Apart form the potential dents in their egos, whether or not the new album goes multi-platinum is hardly an issue. The Bee Gees, who claim to have made nothing out of their ‘60's successes, are now in clover. "We've been able to renegotiate everything," explains Barry. "We went back to '67, when we had our first financial conflicts, and we demanded everything that we owned back and we got that. We now own all of our work, we own all our publishing, we own all of our record masters. Today, times are extremely good and we're in control of ourselves. As far as having hits is concerned, we never know if we're going to do it again. We're just driven to do it, and if it doesn't work we're despondent, and if it does it's like a five-year-old getting an ice cream cone. There's nothing to beat it."

Although they had disputes with ‘fourth Bee Gee' Robert Stigwood over the years, Barry now says there's nothing he would change. "I don't ever remember Robert making a bad move. I don't even think Sgt. Pepper was a bad move. It looks bad in retrospect, but it was a great idea for a film.

Robert's instinct was right."

A figure of enormous power and influence, Stigwood had remained remote from the media. The Gibbs, however, insist that rather than being a power-crazed Svengali, his was a paternal presence in the Brian Epstein mould. "We were always fortunate to have Robert looking after us, because there were a lot of sharks around. With us and Robert, from the start, it was an absolute collaboration. We could get together over dinner with the president of the record company and our manager and play our tracks and everybody would discuss what would be the best things to do."

As the years have passed, though, the Gibbs have watched the industry become increasingly fragmented and clandestine. "There's a dark side to the top end of the business which the artist never sees.

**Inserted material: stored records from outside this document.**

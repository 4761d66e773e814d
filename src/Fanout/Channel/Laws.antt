-- ===== src/Fanout/Channel/Laws.antt =====
-- The channels in the manager's map are open, and no two ids share one.
use aerocast.Prelude.{
  ℕ, Option, ◌<◌, ◌≤◌, ◌≡◌, ◌≢◌, ◌⊎◌, refl, true, false, List, [], ◌∷◌, ◌++◌, length, none, some,
  ltb, ◌==◌, if◌then◌else◌, arith, Option-cases, Bool-cases, inl, inr,
}
use aerocast.Prelude.Assoc.{
  lookup, delete, Distinct, lookup-insert, lookup-delete, insert-Distinct, delete-Distinct,
}
use aerocast.Prelude.Array.{update}
use aerocast.Fanout.Channel.{
  Channel, ChannelManager, new_channel_manager, create, remove, remove_at, try_send, get, sent,
  full, panicked, default_channel_buffer,
}

pub record IsWired (cm : ChannelManager) : Type 0 where
  pub distinct : Distinct cm.chans
  pub live : (id ref : ℕ) → lookup id cm.chans ≡ some ref → (cm.heap ref).closed ≡ false
  pub fresh : (id ref : ℕ) → lookup id cm.chans ≡ some ref → ref < cm.next_ref
  pub injective :
      (id id' ref : ℕ) → lookup id cm.chans ≡ some ref → lookup id' cm.chans ≡ some ref → id ≡ id'

pub new_channel_manager-IsWired : IsWired new_channel_manager
unfolding new_channel_manager lookup
new_channel_manager-IsWired = record {
  distinct = tt;
  live = λ id ref h. cc h;
  fresh = λ id ref h. cc h;
  injective = λ id id' ref h k. cc h;
}

pub create-IsWired : (cm : ChannelManager) (id : ℕ) → IsWired cm → IsWired (create cm id).0
unfolding create
create-IsWired cm id w = record {
  distinct = insert-Distinct id cm.next_ref cm.chans w.distinct;
  live = λ j ref e.
      ground (arith, lookup-insert id j cm.next_ref cm.chans, w.live j ref, w.fresh j ref);
  fresh = λ j ref e. ground (arith, lookup-insert id j cm.next_ref cm.chans, w.fresh j ref);
  injective = λ i j ref e h. ground (
    arith,
    lookup-insert id i cm.next_ref cm.chans,
    lookup-insert id j cm.next_ref cm.chans,
    w.fresh i ref,
    w.fresh j ref,
    w.injective i j ref,
  );
}

-- The channel behind a reference after Remove of the id that has this one.
abbrev pub closing : ChannelManager → ℕ → Option ℕ → Channel
closing cm ref none = cm.heap ref
closing cm ref (some r) =
    if r == ref then record { frames = (cm.heap ref).frames; closed = true } else cm.heap ref

-- Remove closes the id's channel, with its frames kept, and no other.
pub remove-closing :
    (cm cm' : ChannelManager) (id ref : ℕ)
    → remove cm id ≡ some cm'
    → cm'.heap ref ≡ closing cm ref (lookup id cm.chans)
unfolding remove remove_at
remove-closing cm cm' id ref run = elim (Option-cases (lookup id cm.chans)) [
  | inl e ↦ ground (arith, run, e)
  | inr (r, e) ↦ ground (arith, run, e)
]

-- Remove of any id: it never panics; the id's channel, if it had one, is closed with its frames
-- kept, and only it is taken out.
pub remove-IsWired :
    (cm : ChannelManager) (id : ℕ)
    → IsWired cm
    → (cm' : ChannelManager) × (remove cm id ≡ some cm')
      × IsWired cm'
      × ((j : ℕ) → lookup j cm'.chans ≡ (if id == j then none else lookup j cm.chans))
unfolding remove remove_at
remove-IsWired cm id w = elim (Option-cases (lookup id cm.chans)) [
  | inl e ↦ (cm, rw (e, remove_at), w, λ j. ground arith)
  | inr (ref, e) ↦ (
    record cm {
      chans = delete id cm.chans;
      heap = update cm.heap ref (record { frames = (cm.heap ref).frames; closed = true });
    },
    rw (e, remove_at) (rw (w.live id ref e)),
    record {
      distinct = delete-Distinct id cm.chans w.distinct;
      live = λ j r h.
          ground (arith, lookup-delete id j cm.chans w.distinct, w.live j r, w.injective id j r);
      fresh = λ j r h. ground (arith, lookup-delete id j cm.chans w.distinct, w.fresh j r);
      injective = λ i j r h k. ground (
        arith,
        lookup-delete id i cm.chans w.distinct,
        lookup-delete id j cm.chans w.distinct,
        w.injective i j r,
      );
    },
    λ j. lookup-delete id j cm.chans w.distinct,
  )
]

-- A send to a channel of a wired map either appends the frame behind those that wait, fewer than 1024, or
-- finds the channel full; it does not panic, and the map stays as it was.
pub try_send-IsWired :
    (cm : ChannelManager) (id ref : ℕ) (frame : List ℕ)
    → IsWired cm
    → lookup id cm.chans ≡ some ref
    → ((try_send cm ref frame ≡ full) × (1024 ≤ length (cm.heap ref).frames))
      ⊎ ((cm' : ChannelManager) × (try_send cm ref frame ≡ sent cm')
          × IsWired cm'
          × (cm'.chans ≡ cm.chans)
          × ((cm'.heap ref).frames ≡ (cm.heap ref).frames ++ (frame ∷ []))
          × (length (cm.heap ref).frames < 1024)
          × ((r : ℕ) → ref ≢ r → cm'.heap r ≡ cm.heap r))
unfolding try_send
try_send-IsWired cm id ref frame w e =
    elim (Bool-cases (ltb (length (cm.heap ref).frames) default_channel_buffer)) [
      | inl room ↦ inr (
        cm',
        rw (w.live id ref e, room),
        record {
          distinct = w.distinct;
          live = λ j r h. ground (arith, w.live j r);
          fresh = w.fresh;
          injective = w.injective;
        },
        refl,
        ground arith,
        ground arith,
        λ r ne. ground arith,
      )
      | inr none_left ↦ inl (rw (w.live id ref e, none_left), ground arith)
    ]
  where
    cm' : ChannelManager
    cm' = record cm {
      heap =
          update cm.heap ref
            (record { frames = (cm.heap ref).frames ++ (frame ∷ []); closed = false });
    }

-- The channel that Remove takes out is closed, with its frames.
pub remove_closes :
    (cm : ChannelManager) (id ref : ℕ)
    → IsWired cm
    → lookup id cm.chans ≡ some ref
    → (cm' : ChannelManager) × (remove cm id ≡ some cm')
      × (cm'.heap ref ≡ record { frames = (cm.heap ref).frames; closed = true })
unfolding remove remove_at
remove_closes cm id ref w h = (
  record cm {
    chans = delete id cm.chans;
    heap = update cm.heap ref (record { frames = (cm.heap ref).frames; closed = true });
  },
  rw (h, remove_at) (rw (w.live id ref h)),
  ground arith,
)

-- A broadcast that has fetched a subscriber's channel panics when the subscriber is taken out before the
-- frame is sent: the channel is closed by then.
pub remove-try_send :
    (cm : ChannelManager) (id ref : ℕ) (frame : List ℕ)
    → IsWired cm
    → get cm id ≡ some ref
    → (cm' : ChannelManager) × (remove cm id ≡ some cm') × (try_send cm' ref frame ≡ panicked)
unfolding get try_send
remove-try_send cm id ref frame w h =
    let (cm', removed, shut) = remove_closes cm id ref w h in (cm', removed, rw shut)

There are country houses where powerful people meet to plan careers or to help each other out in different ways. All the record company presidents do the same thing. As a result, the artist becomes very isolated. The manager speaks to the record company president. The company president calls the manager back, and the manager lets the group know what's been decided. But that's the business now. It's conglomerate, it's not localised."

As an example, he cites the case of a song he recently composed with the Backstreet Boys in mind. "Of all the boy bands, I think they're the best," he says. "I wrote this song for them, got it to them and had word back that they loved it. The next message is from their manager: the Backstreet Boys only record the songs he gives them. What's that all about?"

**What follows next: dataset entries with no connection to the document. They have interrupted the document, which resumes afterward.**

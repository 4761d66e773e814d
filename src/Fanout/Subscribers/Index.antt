-- ===== src/Fanout/Subscribers/Index.antt =====
-- The cell index lists an id as often as its subscription lists the cell.
use aerocast.Prelude.{
  ℕ, ◌+◌, ◌-◌, ◌≡◌, List, [], ◌∷◌, ◌++◌, Option, none, some, ◌==◌, if◌then◌else◌, arith,
}
use aerocast.Prelude.Count.{count, count-append, IsDistinct}
use aerocast.Prelude.Assoc.{lookup, Distinct}
use aerocast.Prelude.Array.{update}
use aerocast.Fanout.Channel.Laws.{IsWired}
use aerocast.Fanout.Subscribers.{Fanout, Subscription, index_cells, unindex_cells, remove_first}

pub count-index_cells :
    (id : ℕ) (cells : List ℕ) (index : ℕ → List ℕ) (cell j : ℕ)
    → count j (index_cells id cells index cell)
      ≡ count j (index cell) + (if id == j then count cell cells else 0)
unfolding index_cells count
count-index_cells id [] index cell j = ground arith
count-index_cells id (c ∷ cells) index cell j = ground (
  arith,
  count-index_cells id cells (update index c (index c ++ (id ∷ []))) cell j,
  count-append j (index c) (id ∷ []),
)

count-remove_first :
    (id : ℕ) (sids : List ℕ) (j : ℕ)
    → count j (remove_first id sids) ≡ count j sids - (if id == j then 1 else 0)
unfolding remove_first count
count-remove_first id [] j = omega arith
count-remove_first id (sid ∷ sids) j = ground (arith, count-remove_first id sids j)

pub count-unindex_cells :
    (id : ℕ) (cells : List ℕ) (index : ℕ → List ℕ) (cell j : ℕ)
    → count j (unindex_cells id cells index cell)
      ≡ count j (index cell) - (if id == j then count cell cells else 0)
unfolding unindex_cells count
count-unindex_cells id [] index cell j = ground arith
count-unindex_cells id (c ∷ cells) index cell j = ground (
  arith,
  count-unindex_cells id cells (update index c (remove_first id (index c))) cell j,
  count-remove_first id (index c) j,
)

-- How often a subscription lists a cell.
abbrev pub listings : ℕ → Option Subscription → ℕ
listings cell none = 0
listings cell (some sub) = count cell sub.cells

-- Every subscription stands under its own id, has a channel, lists distinct cells, and is in the index of
-- exactly these.
pub record IsSound (e : Fanout) : Type 0 where
  pub distinct : Distinct e.subs
  pub indexed : (cell id : ℕ) → count id (e.cell_index cell) ≡ listings cell (lookup id e.subs)
  pub owned : (id : ℕ) (sub : Subscription) → lookup id e.subs ≡ some sub → sub.id ≡ id
  pub once : (id : ℕ) (sub : Subscription) → lookup id e.subs ≡ some sub → IsDistinct sub.cells
  pub wired : IsWired e.channels
  pub served :
      (id : ℕ) (sub : Subscription)
      → lookup id e.subs ≡ some sub
      → (ref : ℕ) × (lookup id e.channels.chans ≡ some ref)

It's a blow to his pride rather than his wallet, but he has no time to dwell on it. As we finish, he returns to the studio where he and John Merchant go over details of the arrangements, musicians and equipment they'll need for an upcoming BBC TV special. To promote the new album they're planning One Night Only concerts, in Japan, Brazil and ("Hopefully," says Maurice) the UK. Beyond that, at least partly inspired by MOJO's recent Buried Treasure feature, there's a proposal to stage Robin's finest moment, their concept album Odessa, in a series of special shows.

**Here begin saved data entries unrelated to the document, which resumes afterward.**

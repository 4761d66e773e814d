-- ===== src/Engine/Pipeline/Ready.antt =====
-- The invariant of the engine and the operations of the pipeline that keep it.
use aerocast.Prelude.{
  ℕ, ◌+◌, ◌%◌, ◌^◌, ◌≡◌, ◌∙◌, refl, sym, ap, subst, fun_ext, Bool, true, false, not, ◌&&◌, List, [],
  some, ltb, ◌==◌, if◌then◌else◌, arith, Bool-cases, inl, inr,
}
use aerocast.Prelude.Assoc.{lookup, lookup-insert}
use aerocast.Prelude.Array.{update}
use aerocast.Binary.Codec.{CoordPacket}
use aerocast.Float.{Platform}
use aerocast.Spatial.Grid.{route_with_previous}
use aerocast.Spatial.Grid.Tracking.{Tracks, route_with_previous-Tracks}
use aerocast.Geofence.Fence.{Fence}
use aerocast.Geofence.Store.{new_store, register_all}
use aerocast.Geofence.Evaluate.{Evaluator, FenceEvent, fire_callbacks}
use aerocast.Geofence.Evaluate.Events.{expected, evaluate_move-expected}
use aerocast.Fanout.Subscribers.Index.{IsSound}
use aerocast.Engine.Cms.{add_and_estimate}
use aerocast.Engine.Pipeline.{
  Engine, IngressPacket, last_position, set_position, same_position, process_packet, route_packet,
  count_dropped, routed_engine,
}

-- The grid holds the last position of every entity, the store holds these fences, and the
-- subscriptions are sound.
pub record IsReady {E : Type 0} (p : Platform) (fs : List Fence) (e : Engine E) : Type 0 where
  pub tracks : Tracks p e.grid (last_position e)
  pub stored : e.fences ≡ register_all p new_store fs
  pub sound : IsSound e.fanout

pub last_position-set_position :
    (prev_pos : ℕ → List (ℕ × CoordPacket)) (id : ℕ) (coord : CoordPacket) (j : ℕ)
    → lookup j (set_position prev_pos id coord (j % 128))
      ≡ update (λ i. lookup i (prev_pos (i % 128))) id (some coord) j
last_position-set_position prev_pos id coord j =
    ground (arith, lookup-insert id j coord (prev_pos (id % 128)))

module _ {E : Type 0} (p : Platform) (fs : List Fence) where
  -- Whether ProcessPacket routes a packet: the entity is within its limit of 50 a tick and the position
  -- is not the last one.
  abbrev pub accepts : Engine E → IngressPacket → Bool
  accepts e pkt =
      not (ltb 50 (add_and_estimate e.cms pkt.entity_id).1)
      && not (same_position (last_position e pkt.entity_id) pkt.coord)

  abbrev pub events_of : Engine E → IngressPacket → ℕ → List FenceEvent
  events_of e pkt now =
      if accepts e pkt
      then expected p pkt.entity_id (last_position e pkt.entity_id) pkt.coord now fs
      else []

  -- What ProcessPacket does: a packet that is routed becomes its entity's last position, and every packet
  -- is counted once, as routed or as dropped.
  pub record Processed (e : Engine E) (pkt : IngressPacket) (now : ℕ) (e' : Engine E)
      (effects : List E) : Type 0 where
    pub ready : IsReady p fs e'
    pub positions :
        (j : ℕ)
        → last_position e' j
          ≡ (if accepts e pkt && (pkt.entity_id == j) then some pkt.coord else last_position e j)
    pub routed :
        e'.packets_routed
        ≡ (if accepts e pkt then (e.packets_routed + 1) % 2 ^ 64 else e.packets_routed)
    pub dropped :
        e'.packets_dropped
        ≡ (if accepts e pkt then e.packets_dropped else (e.packets_dropped + 1) % 2 ^ 64)
    pub fired : effects ≡ fire_callbacks e.evaluator (events_of e pkt now)
    pub evaluator : e'.evaluator ≡ e.evaluator
    pub fanout : e'.fanout ≡ e.fanout
    pub limiter : e'.cms ≡ (add_and_estimate e.cms pkt.entity_id).0

  none_of :
      (e : Engine E) (pkt : IngressPacket) (now : ℕ)
      → accepts e pkt ≡ false
      → events_of e pkt now ≡ []
  none_of e pkt now refused = rw refused

  fire_nothing : (ev : Evaluator E) → fire_callbacks ev [] ≡ []
  unfolding fire_callbacks
  fire_nothing ev = refl

  dropped-Processed :
      (e : Engine E) (pkt : IngressPacket) (now : ℕ)
      → IsReady p fs e
      → accepts e pkt ≡ false
      → Processed e pkt now
          (count_dropped (record e { cms = (add_and_estimate e.cms pkt.entity_id).0 }))
          []
  unfolding count_dropped
  dropped-Processed e pkt now r refused = record {
    ready = record { tracks = r.tracks; stored = r.stored; sound = r.sound };
    positions = λ j. ground (arith, refused);
    routed = ground (arith, refused);
    dropped = ground (arith, refused);
    fired =
        sym
          (ap (fire_callbacks e.evaluator) (none_of e pkt now refused) ∙ fire_nothing e.evaluator);
    evaluator = refl;
    fanout = refl;
    limiter = refl;
  }

  routed-Processed :
      (e : Engine E) (pkt : IngressPacket) (now : ℕ)
      → IsReady p fs e
      → accepts e pkt ≡ true
      → let events = expected p pkt.entity_id (last_position e pkt.entity_id) pkt.coord now fs in
        Processed e pkt now
          (routed_engine p
            (record e { cms = (add_and_estimate e.cms pkt.entity_id).0 })
            pkt
            (last_position e pkt.entity_id)
            events)
          (fire_callbacks e.evaluator events)
  routed-Processed e pkt now r taken = record {
    ready = record {
      tracks =
          subst (Tracks p (route_with_previous p e.grid id pkt.coord (last_position e id)).0)
            (fun_ext (λ j. sym (last_position-set_position e.prev_pos id pkt.coord j)))
            (route_with_previous-Tracks p e.grid (last_position e) id pkt.coord r.tracks);
      stored = r.stored;
      sound = r.sound;
    };
    positions = λ j. last_position-set_position e.prev_pos id pkt.coord j ∙ ground (arith, taken);
    routed = ground (arith, taken);
    dropped = ground (arith, taken);
    fired = ap (fire_callbacks e.evaluator) (rw taken);
    evaluator = refl;
    fanout = refl;
    limiter = refl;
  }
    where
      id : ℕ
      id = pkt.entity_id

  -- ProcessPacket never panics on a ready engine, and keeps it ready. A packet that is taken becomes its
  -- entity's last position, fires the callbacks with the events of its move, and counts as routed; any
  -- other packet leaves the positions, calls nothing, and counts as dropped. Both are counted by the
  -- sketch.
  pub process_packet-Processed :
      (e : Engine E) (pkt : IngressPacket) (now : ℕ)
      → IsReady p fs e
      → (e' : Engine E) × (effects : List E) × (process_packet p e pkt now ≡ some (e', effects))
        × Processed e pkt now e' effects
  unfolding process_packet route_packet
  process_packet-Processed e pkt now r =
      elim (Bool-cases (ltb 50 (add_and_estimate e.cms pkt.entity_id).1)) [
        | inl limited ↦ (
          count_dropped (record e { cms = (add_and_estimate e.cms pkt.entity_id).0 }),
          [],
          rw limited,
          dropped-Processed e pkt now r (ground (arith, limited)),
        )
        | inr within ↦ elim (Bool-cases (same_position (last_position e pkt.entity_id) pkt.coord)) [
          | inl same ↦ (
            count_dropped (record e { cms = (add_and_estimate e.cms pkt.entity_id).0 }),
            [],
            rw (within, same),
            dropped-Processed e pkt now r (ground (arith, same)),
          )
          | inr moved ↦
              let events =
                expected p pkt.entity_id (last_position e pkt.entity_id) pkt.coord now fs in
              (
                routed_engine p (record e { cms = (add_and_estimate e.cms pkt.entity_id).0 }) pkt
                    (last_position e pkt.entity_id) events,
                fire_callbacks e.evaluator events,
                rw (within, moved)
                    (rw (
                      r.stored,
                      evaluate_move-expected p e.evaluator fs pkt.entity_id
                          (last_position e pkt.entity_id) pkt.coord now,
                    )),
                routed-Processed e pkt now r (ground (arith, within, moved)),
              )
        ]
      ]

Despite their exceptionally daft name, their oft-checkered career, their sibling bickerings, their improbable teeth, and more, The Bee Gees now rank in the top 5 most successful recording artists ever, alongside The Beatles, Paul McCartney, Elvis Presley and Michael Jackson. Barry is rated the all-time Number 3 record producer, with the most Number 1 records (14). The adoration of the ‘90's teeny bands is easy to understand, but it's when you hear Britpop overlord Noel Gallagher stating, "I wish I'd written a song like To Love Somebody" or goth godfather Alice Cooper declaring, "They're great songwriters. I love their music", that you know The Bee Gees have moved beyond image, cool, and fashion, even beyond sales graphs. It's hard to imagine what they can do next to screw it all up and plunge them back into despair. But hey, they'll think of something.